== Segment start ==

-- ===== src/Foundry/Report/Tests.antt =====
-- An approval of an analysis and a design, a run of its reservations, and the theorems at that run.
use apbra.Prelude.{
  ℕ, ◌+◌, ◌*◌, ◌≤◌, ◌≡◌, refl, true, false, none, some, [], ◌∷◌, arith, ok, String, leb, ◌-◌,
}
use Prim.Native.Char.{code}
use apbra.Store.Samples.{value_or}
use apbra.Foundry.Report.Types.{
  requirement_analysis, report_design, ProviderProfile, profile_eq, after_analysis, ReportApproval,
  ReportState, Operation,
}
use apbra.Foundry.Report.Approval.{
  Decimals, IsCeiling, money, is_money, planned_from, total_of, is_planned_report, finite,
  same_input, cap,
}
use apbra.Foundry.Report.Reservations.{
  Reservations, Reading, fresh, open_reservations, claim, may_claim, is_stage_ready, finish,
}
use apbra.Foundry.Report.Budget.{spent, committed}
use apbra.Foundry.Report.Sound.{
  ReservationReach, here, next, claimed, finished, ReservationReach-cap,
}

-- Amounts with two decimals, as cents.
abbrev cents_from : ℕ → String → ℕ
cents_from n String.[] = n
cents_from n (String.◌∷◌ c s) = elim (leb 48 (code c)) [
  | true ↦ cents_from (n * 10 + code c - 48) s
  | false ↦ cents_from n s
]

abbrev cents : Decimals
cents = record {
  Amount = ℕ;
  zero = 0;
  of_text = cents_from 0;
  add = ◌+◌;
  times = λ a n. n * a;
  le = leb;
}

abbrev same : ℕ → ℕ
same n = n

cents-IsCeiling : IsCeiling cents same
cents-IsCeiling = record {
  zero_units = refl;
  le_units = λ a b h. ground arith;
  add_units = λ a b. omega arith;
  times_units = λ a n. omega arith;
}

abbrev profile : ProviderProfile
profile = record {
  profile_id = "p";
  protocol = "FOUNDRY_AGENT_RESPONSES";
  endpoint = "e";
  model_or_deployment = "m";
  api_version = "v1";
  agent_version = none;
  region = "r";
  prompt_version = "1";
  configuration_id = "c";
  capabilities = record { structured_output = true; vision = false };
  max_calls_per_operation = 2;
  max_input_characters = 1000;
  max_output_tokens = 128;
  time_budget_seconds = 10;
  request_timeout_seconds = 5;
  retry_limit = 1;
}

abbrev approval : ReportApproval
approval = record {
  binding = record {
    company_id = 3;
    tenant_id = 4;
    client_id = 5;
    provider_profile = profile;
    manual_authentication_approved = true;
    authorization_deadline = 1_793_000_000;
  };
  case_id = 20;
  settings_id = 90;
  settings_digest = "s";
  request_version_id = 30;
  semantic_context_version = 1;
  input_digest = "i";
  confirmed_contract_id = none;
  confirmed_contract_digest = none;
  expected_interpretation_id = none;
  expected_interpretation_digest = none;
  confirmation_mode = after_analysis;
  authorization_id = "a";
  ledger_period = "2026-10";
  ledger_evidence_digest = "l";
  posted_aud = "1.00";
  unposted_exposure_aud = "0.50";
  outstanding_reserves_aud = "0.00";
  chain_reserve_aud = "8.00";
  slots =
      record {
        stage = requirement_analysis;
        attempts = 2;
        all_in_attempt_aud = "2.00";
        bound_evidence_digest = "b";
      }
      ∷ record {
        stage = report_design;
        attempts = 1;
        all_in_attempt_aud = "3.00";
        bound_evidence_digest = "b";
      }
      ∷ [];
}

abbrev october : ℕ → String
october now = "2026-10"

abbrev before_analysis : ReportState
before_analysis = record {
  settings_id = 90;
  settings_digest = "s";
  company_id = 3;
  profile = profile;
  secret_reference_id = none;
  case_id = 20;
  request_version_id = 30;
  semantic_context_version = 1;
  input_digest = "i";
  interpretation_id = none;
  interpretation_digest = none;
  confirmed_contract_id = none;
  confirmed_interpretation_id = none;
  confirmed_digest = none;
  confirmed_contract_digest = none;
}

abbrev analysed : ReportState
analysed = record before_analysis { interpretation_id = some 40; interpretation_digest = some "d" }

abbrev confirmed_state : ReportState
confirmed_state = record analysed {
  confirmed_contract_id = some 50;
  confirmed_interpretation_id = some 40;
  confirmed_digest = some "d";
  confirmed_contract_digest = some "k";
}

abbrev reading : ReportState → Reading
reading state = record { now = 1_792_000_000; month = "2026-10"; valid = true; loaded = some state }

abbrev analysis : Operation
analysis = record { case_id = 20; stage = requirement_analysis; nonce = 1; completed = false }

abbrev design : Operation
design = record { case_id = 20; stage = report_design; nonce = 2; completed = false }

abbrev opened : Reservations
opened = fresh approval

abbrev paid : Reservations
paid = value_or opened (claim opened (reading before_analysis) (some analysis) 3 profile)

abbrev learned_state : Reservations
learned_state = (finish paid (reading analysed) analysis).0

abbrev designed : Reservations
designed = value_or opened (claim learned_state (reading confirmed_state) (some design) 3 profile)

open-approval : open_reservations cents october 1_792_000_000 approval ≡ ok opened
unfolding open_reservations finite is_planned_report planned_from total_of money is_money
open-approval = refl

claim-analysis : claim opened (reading before_analysis) (some analysis) 3 profile ≡ ok paid
unfolding claim may_claim is_stage_ready same_input profile_eq
claim-analysis = refl

claim-confirmed :
    claim learned_state (reading confirmed_state) (some design) 3 profile ≡ ok designed
unfolding claim may_claim is_stage_ready same_input profile_eq finish
claim-confirmed = refl

reached : ReservationReach opened designed
reached =
    next
      (next
        (next here
          (claimed opened (reading before_analysis) analysis 3 profile paid claim-analysis))
        (finished paid (reading analysed) analysis))
      (claimed learned_state (reading confirmed_state) design 3 profile designed claim-confirmed)

ReservationReach-cap_example :
    spent cents same approval.slots designed.attempts + committed cents same approval ≤ cap cents
ReservationReach-cap_example =
    ReservationReach-cap cents same october 1_792_000_000 approval opened designed cents-IsCeiling
      open-approval reached

same_input-analysed : same_input approval analysed ≡ true
unfolding same_input profile_eq
same_input-analysed = refl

== Segment end ==

Each line holding the word "ReservationReach" must be pulled from the records.

*Solution below:*
  ReservationReach, here, next, claimed, finished, ReservationReach-cap,
reached : ReservationReach opened designed
ReservationReach-cap_example :
ReservationReach-cap_example =
    ReservationReach-cap cents same october 1_792_000_000 approval opened designed cents-IsCeiling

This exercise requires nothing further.